Paul Edward Stamets (born July 17, 1955) is an American mycologist and entrepreneur who sells various mushroom products through his company. He is an author and advocate of medicinal fungi and mycoremediation.

Early life
Stamets was born in Salem, Ohio. He grew up in Columbiana, Ohio with an older brother, John, older brother, Bill, an older sister, Lilly, his twin brother North, and younger siblings. He graduated from The Evergreen State College in Olympia, Washington with a bachelor's degree in 1979. He began his career in the forest as a logger.

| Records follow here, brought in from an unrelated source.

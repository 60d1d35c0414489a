-- ===== src/Proxy/Plain.antt =====
-- Proxy/TProxy.cpp: `RunCommand` and the searches on plaintext, over `RedisHelper`.
pub mod Server
pub mod Filter
pub mod Scan
use asiaccs.Base.{ℕ, zero, suc, Bool, true, false, ◌&&◌, Option, none, some, List, [], ◌∷◌, ◌++◌}
use asiaccs.Base.{ltb, leb, ◌==◌, if◌then◌else◌, get_or, length}
use asiaccs.Base.Decimal.{is_digit, to_string}
use asiaccs.Base.Int.{ℤ, pos, ltb_ℤ, is_int, scan_int, int_to_string}
use asiaccs.Proxy.Services.{Bytes, codes, equal_bytes}
use asiaccs.Caravel.Redis.{
  Run, done, thrown, undefined, ◌>>=◌, Network, RedisHelper, pool_get, pool_put, pool_run,
}

-- `sscanf` with "%d": a text without a number leaves the variable as it was, and C++ leaves a
-- number undefined that is no `int`.
unfoldable pub scan_into : Bytes → Option ℤ → Run (Option ℤ)
unfolding scan_int
scan_into s old = elim (scan_int s) [
  | none ↦ done old
  | some n ↦ if is_int n then done (some n) else undefined
]

-- `stoi`
unfoldable pub stoi : Bytes → Run ℤ
unfolding scan_int
stoi s = elim (scan_int s) [ none ↦ thrown | some n ↦ if is_int n then done n else thrown ]

-- A variable that is read.
abbrev pub is_set : Option ℤ → Run ℤ
is_set none = undefined
is_set (some n) = done n

-- `isdigit(s.c_str()[0])`, and the loop over `j` that tests all characters.
abbrev pub starts_with_digit : Bytes → Bool
starts_with_digit s = is_digit (get_or s 0 0)

unfoldable pub all_digits : Bytes → Bool
all_digits [] = true
all_digits (c ∷ s) = let rest = all_digits s in if is_digit c then rest else false

module _ ⦃net : Network⦄ where
  abbrev pub run_command : RedisHelper → List Bytes → net.World → Run (List Bytes × net.World)
  run_command h cmd w = pool_run h cmd w

  -- The loop over `i` of `EqualSearch1PlainText`, over the keys of one answer.
  unfoldable pub scan_rows :
      RedisHelper → Bytes → List Bytes → net.World → Run (List Bytes × net.World)
  unfolding pool_get equal_bytes
  scan_rows h key [] w = done ([], w)
  scan_rows h key (k ∷ ks) w =
      let row = (do
        ((size, val), w1) ← pool_get h k w
        (more, w2) ← scan_rows h key ks w1
        done ((if equal_bytes key val then val ∷ more else more), w2)) in
      let rest = scan_rows h key ks w in if starts_with_digit k then row else rest

  -- The `do` loop with the cursor of `SCAN`, for at most `fuel` rounds: `none` when they did not suffice.
  unfoldable pub scan_loop :
      ℕ → RedisHelper → Bytes → Option ℤ → Bytes → net.World → Run (Option (List Bytes × net.World))
  unfolding pool_run scan_rows scan_into
  scan_loop zero h key counter cursor w = done none
  scan_loop (suc fuel) h key counter cursor w = do
    (res, w1) ← pool_run h (codes "SCAN" ∷ cursor ∷ codes "COUNT" ∷ codes "10000" ∷ []) w
    elim res [
      | [] ↦ done (some ([], w1))
      | next ∷ ks ↦ do
        counter1 ← scan_into next counter
        n ← is_set counter1
        (found, w2) ← scan_rows h key ks w1
        let rest =
            scan_loop fuel h key counter1 next w2
            >>= elim [ none ↦ done none | some (more, w3) ↦ done (some (found ++ more, w3)) ]
        elim n [ pos zero ↦ done (some (found, w2)) | _ ↦ rest ]
    ]

  unfoldable pub equal_search_1_plain_text :
      ℕ → RedisHelper → Bytes → net.World → Run (Option (List Bytes × net.World))
  unfolding scan_loop
  equal_search_1_plain_text fuel h key w = scan_loop fuel h key (some (pos 0)) (codes "0") w

  -- The loop of `EqualSearch2PlainText` over the keys of the sorted set.
  unfoldable pub index_rows :
      RedisHelper → Bytes → List Bytes → net.World → Run (List Bytes × net.World)
  unfolding pool_get equal_bytes
  index_rows h value [] w = done ([], w)
  index_rows h value (k ∷ ks) w = do
    ((size, val), w1) ← pool_get h k w
    (more, w2) ← index_rows h value ks w1
    done ((if equal_bytes value val then value ∷ more else more), w2)

  unfoldable pub equal_search_2_plain_text :
      RedisHelper → Bytes → net.World → Run (List Bytes × net.World)
  unfolding pool_run index_rows
  equal_search_2_plain_text h value w = do
    (res, w1) ← pool_run h (codes "ZRANGEBYSCORE" ∷ codes "index" ∷ value ∷ value ∷ []) w
    index_rows h value res w1

  -- The loop of `OrderSearchPlainText`; `val` keeps its value from row to row.
  unfoldable pub order_rows :
      RedisHelper → Bool → ℤ → Option ℤ → List Bytes → net.World → Run (List Bytes × net.World)
  unfolding pool_get all_digits scan_into int_to_string
  order_rows h above key val [] w = done ([], w)
  order_rows h above key val (k ∷ ks) w =
      let row = (do
        ((size, strvalue), w1) ← pool_get h k w
        val1 ← scan_into strvalue val
        v ← is_set val1
        (more, w2) ← order_rows h above key val1 ks w1
        let hit = if above then ltb_ℤ key v else ltb_ℤ v key
        done ((if hit then int_to_string v ∷ more else more), w2)) in
      let rest = order_rows h above key val ks w in if all_digits k then row else rest

  unfoldable pub order_search_plain_text :
      RedisHelper → Bytes → Bytes → net.World → Run (List Bytes × net.World)
  unfolding stoi pool_run order_rows equal_bytes
  order_search_plain_text h key cmp w = do
    ikey ← stoi key
    (res, w1) ← pool_run h (codes "KEYS" ∷ codes "*" ∷ []) w
    order_rows h (equal_bytes cmp (codes "1")) ikey none res w1

  -- `ProxyPut` over the pool of the helper.
  unfoldable pub plain_put : RedisHelper → Bytes → Bytes → Bytes → Bytes → net.World → Run net.World
  unfolding pool_put
  plain_put h trapdoor val index_trapdoor index_val w = do
    w1 ← pool_put h trapdoor val w
    if length index_trapdoor == 0 then done w1 else pool_put h index_trapdoor index_val w1
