-- ===== src/Auth/Tests/Concrete.antt =====
-- Concrete functions for what other packages compute, for the tests: texts are written into a
-- token one after the other, each character behind a mark, and numbers as that many marks.
use Prim.Native.Char.{Char, code}
use Prim.Native.Nat.{zero, suc}
use bmstu_nirs.Common.{
  nat_key, text_key, Bool, Option, String, if◌then◌else◌, refl, some, ℕ, ℕ_discrete, ◌==◌, ◌≡◌,
}
use bmstu_nirs.Auth.Tokens.{Externals, Payload, RoundTrips}

abbrev more : Char
more = "1"

abbrev stop : Char
stop = "0"

abbrev is_more : Char → Bool
is_more c = code c == code more

write_text : String → String → String
write_text String.[] rest = String.◌∷◌ stop rest
write_text (String.◌∷◌ c s) rest = String.◌∷◌ more (String.◌∷◌ c (write_text s rest))

write_number : ℕ → String → String
write_number zero rest = String.◌∷◌ stop rest
write_number (suc n) rest = String.◌∷◌ more (write_number n rest)

-- What was written, and the rest.
read_text : String → String × String
read_text String.[] = ("", "")
read_text (String.◌∷◌ m String.[]) = ("", "")
read_text (String.◌∷◌ m (String.◌∷◌ c s)) =
    let (t, rest) = read_text s in
    if is_more m then (String.◌∷◌ c t, rest) else ("", String.◌∷◌ c s)

read_number : String → ℕ × String
read_number String.[] = (0, "")
read_number (String.◌∷◌ m s) =
    let (n, rest) = read_number s in if is_more m then (suc n, rest) else (0, s)

read_text-write_text : (s rest : String) → read_text (write_text s rest) ≡ (s, rest)
unfolding read_text write_text ℕ_discrete
read_text-write_text String.[] String.[] = refl
read_text-write_text String.[] (String.◌∷◌ c rest) = refl
read_text-write_text (String.◌∷◌ c s) rest = rw (read_text-write_text s rest)

read_number-write_number : (n : ℕ) (rest : String) → read_number (write_number n rest) ≡ (n, rest)
unfolding read_number write_number ℕ_discrete
read_number-write_number zero rest = refl
read_number-write_number (suc n) rest = rw (read_number-write_number n rest)

write_payload : Payload → String
write_payload p = write_text p.sub (
    write_text p.role (
      write_text p.jti
        (write_text p.sid (write_text p.fid (write_number p.iat (write_number p.exp ""))))))

read_payload : String → Option Payload
read_payload token =
    let (sub, a) = read_text token in
    let (role, b) = read_text a in
    let (jti, c) = read_text b in
    let (sid, d) = read_text c in
    let (fid, e) = read_text d in
    let (iat, f) = read_number e in
    let (exp, g) = read_number f in
    some (record { sub = sub; role = role; jti = jti; sid = sid; fid = fid; iat = iat; exp = exp })

read_payload-write_payload : (p : Payload) → read_payload (write_payload p) ≡ some p
unfolding read_payload write_payload
read_payload-write_payload p = simp (read_text-write_text, read_number-write_number)

-- A hash shows the text that it is of, and every letter is lower case already.
unfoldable pub externals : Externals
unfolding write_text write_number read_text read_number write_payload read_payload
externals = record {
  lower = λ s. s;
  sha256_hex = λ s. s;
  hash_token = λ s. s;
  hash = λ s. s;
  verify = λ h p. h == p;
  show_uuid = λ u. write_number u "";
  read_uuid = λ s. some (read_number s).0;
  jwt_encode = write_payload;
  jwt_decode = read_payload;
}

pub externals-RoundTrips : RoundTrips externals
unfolding externals
externals-RoundTrips = record {
  jwt = read_payload-write_payload;
  uuid = λ u. rw (read_number-write_number u "");
}
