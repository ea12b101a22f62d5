-- ===== src/Auth/Tests.antt =====
-- The theorems about authentication at concrete inputs, and runs of the handlers.
mod Concrete
use Concrete.{externals, externals-RoundTrips}
use bmstu_nirs.Common.{
  nat_key, text_key, ℕ_discrete, text_discrete, String, [], arith, false, if◌then◌else◌, leb,
  ne_of_==, none, refl, some, true, ℕ, ◌+◌, ◌∷◌, ◌≡◌, ◌≢◌,
}
use bmstu_nirs.Auth.Models.{
  AccessClaims, RefreshSession, Time, User, err, ok, seconds, too_many_attempts, unauthorized,
  user_role,
}
use bmstu_nirs.Auth.Tokens.{decode_access, decode_access-encode_access, encode_access}
use bmstu_nirs.Auth.Limiter
use bmstu_nirs.Auth.Limiter.Window.{Event, admitted, admitted-window, count}
use bmstu_nirs.Auth.Blacklist
use bmstu_nirs.Auth.Users
use bmstu_nirs.Auth.Sessions
use bmstu_nirs.Auth.Sessions.Rotation.{
  IsSingle, Reach-IsSingle, created, family_revoked, here, next, rotate_once, rotated,
}
use bmstu_nirs.Auth.Service.Monad.{Stores}
use bmstu_nirs.Auth.Service.{
  Config, Fresh, authenticate, check_blocked, count_failure, failure_key, issue, login, new_session,
  resolve, revoke_family,
}
use bmstu_nirs.Auth.Service.Access.{
  IsFamilyDead, authenticate-IsFamilyDead, login-authenticate, revoke_family-IsFamilyDead,
}
use bmstu_nirs.Auth.Service.Login.{Attempt, login-lockout, run_attempts}
use bmstu_nirs.Auth.Service.Refresh.{refresh, renew, renew-raced}
use bmstu_nirs.Auth.Service.Password.{
  IsChanged, change_password, change_password-ok, change_verified, hashed, is_right,
  replace_password,
}
use bmstu_nirs.Auth.Service.Logout.{logout, logout-access}

-- A declaration that unfolds this one runs the handlers.
program : Unit {0}
unfolding externals ℕ_discrete text_discrete Limiter.hit Limiter.blocked Limiter.record_failure
    Limiter.reset Blacklist.add Blacklist.jti_revoked Blacklist.family_revoked
    Blacklist.revoke_family Users.create Users.get_by_login Users.get_by_id Users.get_password_hash
    Users.set_password_hash Sessions.create Sessions.get_by_token_hash Sessions.rotate
    Sessions.revoke_family Sessions.revoke_user_sessions decode_access encode_access login refresh
    change_password change_verified replace_password logout failure_key authenticate check_blocked
    resolve count_failure new_session issue
program = tt

abbrev config : Config
config = record {
  access_ttl_seconds = 900;
  refresh_ttl_seconds = 1000;
  login_failures = 2;
  login_failure_window_seconds = 60;
  login_per_ip = 30;
  login_per_ip_window_seconds = 60;
  register_per_ip = 10;
  register_per_ip_window_seconds = 3600;
}

j-ne-empty : ◌≢◌ {A = String} "j" ""
unfolding program
j-ne-empty = ne_of_== "j" "" refl

abbrev alice : User
alice = record { id = 1; login = "alice"; role = user_role }

abbrev session : RefreshSession
session = record {
  id = 5;
  user_id = 1;
  family_id = 7;
  token_hash = "token";
  created_at = 0;
  expires_at = 1_000_000_000;
  revoked_at = none;
  replaced_by = none;
}

-- A session of another device.
abbrev other_session : RefreshSession
other_session = record session { id = 6; family_id = 8; token_hash = "other" }

abbrev stores : Stores
stores = record {
  users = (1, record { user = alice; password_hash = "secret" }) ∷ [];
  sessions = (5, session) ∷ (6, other_session) ∷ [];
  blacklist = record { expirations = []; family_expirations = [] };
  limiter = [];
}

abbrev fresh : Fresh
fresh = record { user_id = 2; family_id = 9; session_id = 10; jti = "j"; token = "new" }

-- The clock stands still during a call.
abbrev at : Time → ℕ → Time
at t i = t

abbrev renewed : RefreshSession
renewed = record session {
  id = 10;
  token_hash = "new";
  created_at = 3_000_000;
  expires_at = 1_003_000_000;
}

-- A session that another request has revoked since it was read.
renew-raced_example :
    let s = record stores { sessions = (5, record session { revoked_at = some 2 }) ∷ [] } in
    let (answer, s') = renew externals config (at 3_000_000) session alice fresh s in
    (answer ≡ err unauthorized) × IsFamilyDead externals config 7 (3_000_000 + seconds 900) s'
renew-raced_example =
    renew-raced externals config (at 3_000_000) session alice fresh
      (record stores { sessions = (5, record session { revoked_at = some 2 }) ∷ [] }) (ground arith)
      (ground arith) (omega arith)

authenticate-IsFamilyDead_example :
    let s = (revoke_family externals config (at 3_000_000) 7 3_000_000 1 stores).1 in
    (authenticate externals config
      (λ _. 5_000_000)
      (encode_access externals 900 1 user_role 5 7 "j" 2_500_000).0
      s).0
    ≡ err unauthorized
authenticate-IsFamilyDead_example =
    authenticate-IsFamilyDead externals config 7 3_000_000 2_500_000 5_000_000 1 5 user_role "j"
      (revoke_family externals config (at 3_000_000) 7 3_000_000 1 stores).1 externals-RoundTrips
      j-ne-empty (omega arith)
      (revoke_family-IsFamilyDead externals config (at 3_000_000) 7 3_000_000 1 stores
        (omega arith))

abbrev attempt : String → Time → Attempt externals config
attempt password t = record { password = password; fresh = fresh; clock = at t; others = λ s. s }

-- Two wrong passwords, then the right one, twice.
login-lockout_example :
    let first = attempt "guess" 1_000_000 in
    let second = attempt "again" 2_000_000 in
    let third = attempt "secret" 2_500_000 in
    let locked = run_attempts externals config "alice" "ip" (first ∷ second ∷ []) stores in
    let s' = run_attempts externals config "alice" "ip" (third ∷ []) locked in
    let (answer, s'') =
      login externals config (at 3_000_000) (λ s. s) "alice" "secret" "ip" fresh s' in
    ((r : ℕ) × (answer ≡ err (too_many_attempts "login_failures" r)))
    × (s''.sessions ≡ locked.sessions)
unfolding program
login-lockout_example =
    login-lockout externals config "alice" "ip" (attempt "guess" 1_000_000)
      (attempt "again" 2_000_000 ∷ []) (attempt "secret" 2_500_000 ∷ [])
      (attempt "secret" 3_000_000) stores (omega arith) (omega arith) tt refl (λ s. (refl, refl))
      ((refl, omega arith, omega arith, λ s. (refl, refl)), tt) (omega arith, tt) (omega arith)

login-authenticate_example :
    let (answer, s') =
      login externals config (at 1_000_000) (λ s. s) "alice" "secret" "ip" fresh stores in
    let session' = new_session externals config (at 1_000_000) 1 9 fresh 1_000_000 in
    authenticate externals config
      (λ _. 2_000_000)
      (issue externals config (at 1_000_000) alice session' fresh 1_000_000).tokens.access_token
      s'
    ≡ (ok alice, s')
unfolding program
login-authenticate_example =
    login-authenticate externals config (at 1_000_000) (λ s. s) "alice" "secret" "ip" fresh
      2_000_000 stores
      (login externals config (at 1_000_000) (λ s. s) "alice" "secret" "ip" fresh stores).1
      {result = issue externals config (at 1_000_000) alice
        (new_session externals config (at 1_000_000) 1 9 fresh 1_000_000) fresh 1_000_000}
      externals-RoundTrips j-ne-empty refl refl refl refl (omega arith)

abbrev claims : AccessClaims
claims = record {
  user_id = 1;
  role = user_role;
  jti = "j";
  session_id = 5;
  family_id = 7;
  issued_at = 1_000_000;
  expires_at = 901_000_000;
}

abbrev token : String
unfolding program
token = (encode_access externals 900 1 user_role 5 7 "j" 1_000_000).0

change_password-ok_example :
    let s' =
      (change_password externals config
        (at 2_000_000)
        (λ i s. s)
        token
        "secret"
        "better"
        stores).1 in
    (is_right externals config
        (at 2_000_000)
        (λ i s. s)
        (Users.get_password_hash 1 stores.users)
        "secret"
      ≡ true)
    × (◌≢◌ {A = String} "better" "secret")
    × IsChanged externals config
        (at 2_000_000)
        (λ i s. s)
        1
        7
        "better"
        (hashed externals config (at 2_000_000) (λ i s. s) claims stores)
        s'
unfolding program
change_password-ok_example =
    change_password-ok externals config (at 2_000_000) (λ i s. s) token "secret" "better" stores
      (change_password externals config (at 2_000_000) (λ i s. s) token "secret" "better" stores).1
      {claims = claims} (λ i. omega arith) refl refl

token-ne-empty : token ≢ ""
unfolding program
token-ne-empty = ne_of_== token "" refl

logout-access_example :
    let (answer, s') = logout externals config (at 2_000_000) (some token) (some "other") stores in
    (answer ≡ ok tt) × IsFamilyDead externals config 7 (2_000_000 + seconds 900) s'
unfolding program
logout-access_example =
    logout-access externals config (at 2_000_000) token (some "other") stores {claims = claims}
      (λ i. omega arith) token-ne-empty refl

decode_access-encode_access_example :
    let (t, c) = encode_access externals 900 1 user_role 5 7 "j" 1_000_000 in
    (decode_access externals t 901_000_000 true
      ≡ (if leb c.expires_at 901_000_000 then err unauthorized else ok c))
    × (decode_access externals t 901_000_000 false ≡ ok c)
decode_access-encode_access_example =
    decode_access-encode_access externals 900 1 5 7 user_role "j" 1_000_000 901_000_000
      externals-RoundTrips j-ne-empty

rotate_once_example :
    (Sessions.rotate 5 renewed 4_000_000 (Sessions.rotate 5 renewed 3_000_000 stores.sessions).1).0
    ≡ false
unfolding program
rotate_once_example =
    rotate_once 5 renewed renewed 3_000_000 4_000_000 stores.sessions
      (Sessions.rotate 5 renewed 3_000_000 stores.sessions).1 (omega arith) (omega arith) here refl

-- A login and a refresh.
Reach-IsSingle_example :
    IsSingle (Sessions.rotate 5 renewed 3_000_000 (Sessions.create session [])).1
unfolding program
Reach-IsSingle_example = Reach-IsSingle (
    next (next here (created session [] refl refl refl))
      (rotated 5 renewed session 3_000_000 (Sessions.create session []) refl refl refl refl))

abbrev hit_at : String → Time → Event
hit_at k t = record { key = k; t = t; t' = t; t'' = t }

admitted-window_example :
    admitted "a" 2 60
      (hit_at "a" 1_000_000
        ∷ hit_at "b" 2_000_000
        ∷ hit_at "a" 2_000_000
        ∷ hit_at "a" 3_000_000
        ∷ [])
      []
    ≡ 2
unfolding count program
admitted-window_example =
    admitted-window 2 60 (hit_at "a" 1_000_000)
      (hit_at "b" 2_000_000 ∷ hit_at "a" 2_000_000 ∷ hit_at "a" 3_000_000 ∷ []) [] tt (ground arith)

He has an honorary doctorate from the National University of Natural Medicine in Portland.

Personal life
Stamets is married to Carolyn "Dusty" Yao.

Mycological interest
Stamets credits his late brother, John, with stimulating his interest in mycology,  and studied mycology as an undergraduate student. Having no academic training higher than a bachelor's degree, Stamets is largely self-taught in the field of mycology.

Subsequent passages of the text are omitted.